Twelve fire departments in the county receive an equal portion of the tax funds, after 4 percent of the money generated goes to the county 911 center. While Garvin County is much smaller than South Metro’s service area (26,656 population verses 571,000) the small Oklahoma county can understand South Metro’s dilemma, according to Garvin County Clerk Lori Fulks.

Prior to the passage of the sales tax all 12 fire departments were in dire straits due to funding shortfalls caused by declining city sales tax collections.

“They couldn’t purchase proper equipment and gear. A couple of fire departments were worried their trucks would break down on them on the way to a fire or, worse yet, while they were fighting a fire,” said Fulks. Since passage of the sales tax, Fulks said all 12 fire departments have purchased new fire trucks and essential gear.

According to Fulks, the quarter-cent sales tax generated over $1.2 million in 2024.

Fulks said the dedicated sales tax was the fairest solution to the funding shortfalls.

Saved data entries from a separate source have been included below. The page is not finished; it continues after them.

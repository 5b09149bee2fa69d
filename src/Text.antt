-- ===== src/Text.antt =====
-- The operations of `str` that the sources call, over code points, and the printing and parsing
-- of unsigned integers. (Rust's standard library; the parts of actix-web-lab/src call it.)
pub mod Split
pub mod Decimal
pub mod Trim
pub mod Equal
pub mod Joined
use Prim.Native.Char.{code}
use Prim.Native.String.{String}
use actix_web_lab.Common.{
  ℕ, Bool, true, false, not, ◌&&◌, ◌||◌, List, [], ◌∷◌, ◌++◌, map, Option, none, some, leb, ◌==◌,
  if◌then◌else◌,
}

-- A `str` by its code points.
abbrev pub Text : Type 0
Text = List ℕ

abbrev pub text : String → Text
text String.[] = []
text (String.◌∷◌ c s) = code c ∷ text s

-- `==` of `str`
abbrev pub text_eq : Text → Text → Bool
text_eq [] [] = true
text_eq (a ∷ s) (b ∷ t) = a == b && text_eq s t
text_eq _ _ = false

-- `char::is_whitespace`, the Unicode property White_Space
abbrev pub is_whitespace : ℕ → Bool
is_whitespace c =
    (leb 9 c && leb c 13)
    || c == 0x20
    || c == 0x85
    || c == 0xa0
    || c == 0x1680
    || (leb 0x2000 c && leb c 0x200a)
    || c == 0x2028
    || c == 0x2029
    || c == 0x202f
    || c == 0x205f
    || c == 0x3000

-- `trim_start_matches` and `trim_end_matches`
abbrev pub trim_start_by : (ℕ → Bool) → Text → Text
trim_start_by p [] = []
trim_start_by p (c ∷ s) = if p c then trim_start_by p s else c ∷ s

abbrev keep_end : Bool → ℕ → Text → Text
keep_end drops c [] = if drops then [] else c ∷ []
keep_end drops c (d ∷ s) = c ∷ d ∷ s

abbrev pub trim_end_by : (ℕ → Bool) → Text → Text
trim_end_by p [] = []
trim_end_by p (c ∷ s) = keep_end (p c) c (trim_end_by p s)

unfoldable pub trim : Text → Text
trim s = trim_end_by is_whitespace (trim_start_by is_whitespace s)

-- `join` of a slice of `str`
abbrev pub join_rest : Text → List Text → Text
join_rest sep [] = []
join_rest sep (s ∷ ss) = sep ++ (s ++ join_rest sep ss)

unfoldable pub join : Text → List Text → Text
join sep [] = []
join sep (s ∷ ss) = s ++ join_rest sep ss

-- `strip_prefix`
abbrev pub strip_prefix : Text → Text → Option Text
strip_prefix [] s = some s
strip_prefix (c ∷ p) [] = none
strip_prefix (c ∷ p) (d ∷ s) = if c == d then strip_prefix p s else none
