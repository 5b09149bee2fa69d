-- ===== src/Body/Tests.antt =====
-- The theorem on channel bodies, with a channel that is a list.
use actix_web_lab.Body.Operations.{
  send_chunk, run_ops, step, Op, nothing_yet, clone_sender, poll_body, close_with, drop_body,
}
use actix_web_lab.Text.{text}
use actix_web_lab.Body.Channel.{listed}
use actix_web_lab.Body.{poll_stream, send, poll_write, close, writer, poll_next, channel, err}
use actix_web_lab.Body.Fifo.{IsFifo, run_ops-IsFifo}
use actix_web_lab.Common.{List, ℕ, ◌≡◌, ready, some, ok, refl, ◌∷◌, err, [], false}

-- Two senders; the body is dropped behind the first chunk, and with it an error that lay unread.
abbrev two_senders : List (Op ℕ)
two_senders =
    send_chunk (text "a")
    ∷ (clone_sender
        ∷ (poll_body
            ∷ (close_with (some 5) ∷ (drop_body ∷ (send_chunk (text "b") ∷ (poll_body ∷ []))))))

two_senders_log : (run_ops listed two_senders (channel listed, nothing_yet)).1 ≡ record {
  accepted = ok (text "a") ∷ (err 5 ∷ []);
  delivered = ok (text "a") ∷ [];
  refused = ok (text "b") ∷ [];
  returned = ok (text "b") ∷ [];
  lost = err 5 ∷ [];
  crashed = false;
}
unfolding step send close poll_next channel
two_senders_log = refl

run_ops-IsFifo_example : IsFifo listed (run_ops listed two_senders (channel listed, nothing_yet))
run_ops-IsFifo_example = run_ops-IsFifo listed two_senders

-- A writer: what is written comes out, and a body without senders ends.
written :
    (poll_stream listed {IoError = ℕ} (poll_write listed (text "abc") (writer listed)).0).1
    ≡ ready (some (ok (text "abc")))
unfolding poll_stream poll_write writer
written = refl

“Not only do the county residents pay the tax when they purchase goods and services in the county but also travelers when they stop to eat, get gas, or stay the night,” she added.

South Metro’s Board of Directors will decide soon whether or not to place a property tax increase or sales tax question on the November ballot.

Before then they are seeking the public’s input on the three proposals. Residents in South Metro’s service area can seek information by visiting the website Engagesouth metro.org.

Information on South Metro’s funding needs, a FAQ fact sheet, and information on public hearings being held in the district can be found on the website.

According to South Metro, representatives from the organization have presented or met with 1,820 individuals at 40-plus events or meetings since April 1.